Journalist Godfrey Jansen dies, aged 79

RENOWNED international journalist and author Godfrey Jansen died in Nicosia yesterday aged 79.

Jansen, who was a regular contributor to the Cyprus Mail over the years, was a journalist for over half a century and wrote for such renowned publications as The Economist, the Los Angeles Times and The Statesman.

As West Asia correspondent for The Statesman for ten years, Jansen covered Cyprus Independence through to the 1963-64 intercommunal troubles.

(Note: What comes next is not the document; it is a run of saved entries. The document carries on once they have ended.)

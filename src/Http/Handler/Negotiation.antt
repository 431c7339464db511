-- ===== src/Http/Handler/Negotiation.antt =====
-- Which format a request is read in and a response is written in.
use acppsrv.Prelude.{◌≡◌, ◌≢◌, ◌⊎◌, String, Bool, true, false, none, some, arith}
use acppsrv.Http.Handler.{
  Request, Response, ok, bad_request, not_acceptable, unsupported_media_type, error_response,
  handle_sync, content_type_protobuf, failure, Codec, is_one_of, json_body, protobuf_body, parse,
  serialize,
}

module _ (iequals : String → String → Bool) where
  json_body-no_accept :
      (request : Request)
      → request.accept ≡ none
      → json_body iequals request false ≡ json_body iequals request true
  unfolding json_body
  json_body-no_accept request e = rw e

  protobuf_body-no_accept :
      (request : Request)
      → request.accept ≡ none
      → protobuf_body iequals request false ≡ protobuf_body iequals request true
  unfolding protobuf_body
  protobuf_body-no_accept request e = rw e

  json_body-wildcard :
      (request : Request)
      → request.accept ≡ some "*/*"
      → json_body iequals request false ≡ json_body iequals request true
  unfolding json_body
  json_body-wildcard request e = rw e

  protobuf_body-wildcard :
      (request : Request)
      → request.accept ≡ some "*/*"
      → (protobuf_body iequals request false).0 ≡ is_one_of iequals "*/*" content_type_protobuf
  unfolding protobuf_body
  protobuf_body-wildcard request e = rw e

module _ (iequals : String → String → Bool) {A B : Type 0} (codec : Codec A B) where
  open codec use {from_json, from_protobuf, to_json, to_protobuf}

  -- If the client sends no `Accept` field, a response is written in the format in which the request
  -- was read: in JSON exactly if the request is JSON, else in protobuf; and a request that parses
  -- is never answered by 406.
  pub serialize_no_accept :
      (request : Request) (value : B) (response : Response) (a : A)
      → request.accept ≡ none
      → (parse iequals codec request).0 ≡ some a
      → (((json_body iequals request true).0 ≡ true)
          × ((serialize iequals codec request value response).1
              ≡ record response { body = (to_json value).1 }))
        ⊎ (((protobuf_body iequals request true).0 ≡ true)
            × ((serialize iequals codec request value response).1
                ≡ record response { body = (to_protobuf value).1 }))
  unfolding parse serialize
  serialize_no_accept request value response a e h =
      ground
        (arith, json_body-no_accept iequals request e, protobuf_body-no_accept iequals request e)

  -- The outcome of `parse`: a message with status 200, or no message with status 400; or no message
  -- with status 415, and then the content type is neither JSON nor protobuf.
  pub parse_status :
      (request : Request)
      → ((((parse iequals codec request).0 ≢ none) × ((parse iequals codec request).1.status ≡ ok))
          ⊎ (((parse iequals codec request).0 ≡ none)
              × ((parse iequals codec request).1.status ≡ bad_request)))
        ⊎ (((parse iequals codec request).0 ≡ none)
            × ((parse iequals codec request).1.status ≡ unsupported_media_type)
            × ((json_body iequals request true).0 ≡ false)
            × ((protobuf_body iequals request true).0 ≡ false))
  unfolding parse error_response handle_sync
  parse_status request = ground arith

  -- A client that sends protobuf and accepts anything, `Accept: */*`, is refused with 406: only
  -- `json_body` reads the wildcard as no preference.
  pub serialize_wildcard_protobuf :
      (request : Request) (value : B) (response : Response)
      → request.accept ≡ some "*/*"
      → (json_body iequals request true).0 ≡ false
      → is_one_of iequals "*/*" content_type_protobuf ≡ false
      → (serialize iequals codec request value response).0 ≡ false
        × ((serialize iequals codec request value response).1.status ≡ not_acceptable)
  unfolding serialize error_response
  serialize_wildcard_protobuf request value response e j p =
      ground (arith, json_body-wildcard iequals request e, protobuf_body-wildcard iequals request e)

  -- A response that cannot be written as JSON is not turned into an error: its status stays what
  -- it was, and its body is what the failed conversion has written.
  pub serialize_failure_status :
      (request : Request) (value : B) (response : Response) (code text out : String)
      → (json_body iequals request false).0 ≡ true
      → to_json value ≡ (failure code text, out)
      → serialize iequals codec request value response ≡ (false, record response { body = out })
  unfolding serialize
  serialize_failure_status request value response code text out j e = ground arith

He was also the last journalist to interview the island’s last British governor Sir Hugh Foot.

Jansen was born in Akyab in what was then Burma in 1919. His first job after studying English literature was in the Calcutta station of All India Radio, for where he was selected and posted to a government college to teach.

He then joined the Indian Air Force, serving as a public relations observer and official war correspondent during the Second World War.

After the war, Jansen joined the National Herald as a journalist, and opted for foreign service.

This included Cairo, the UN, Jakarta, Istanbul and Beirut.

In 1959, Jansen joined The Statesman and covered not only Cyprus but also the Arab-Israeli war of 1967.

In 1970 he became the “Levant Correspondent” for The Economist in London, serving 18 years and expanding his area of coverage to embrace the entire Muslim world.

Jansen also wrote for Middle East International in London, the Deccan Herald of Bangalore, and contributed regular articles to The Times of India and the Los Angeles Times.

Jansen also wrote four books and a fifth jointly with his wife Michael, also a well-know journalist in Cyprus and the Middle East.

The couple moved to Cyprus in 1976 as refugees from the war in Lebanon. He also survived by Michael and by his daughter Marya, who lives is New York.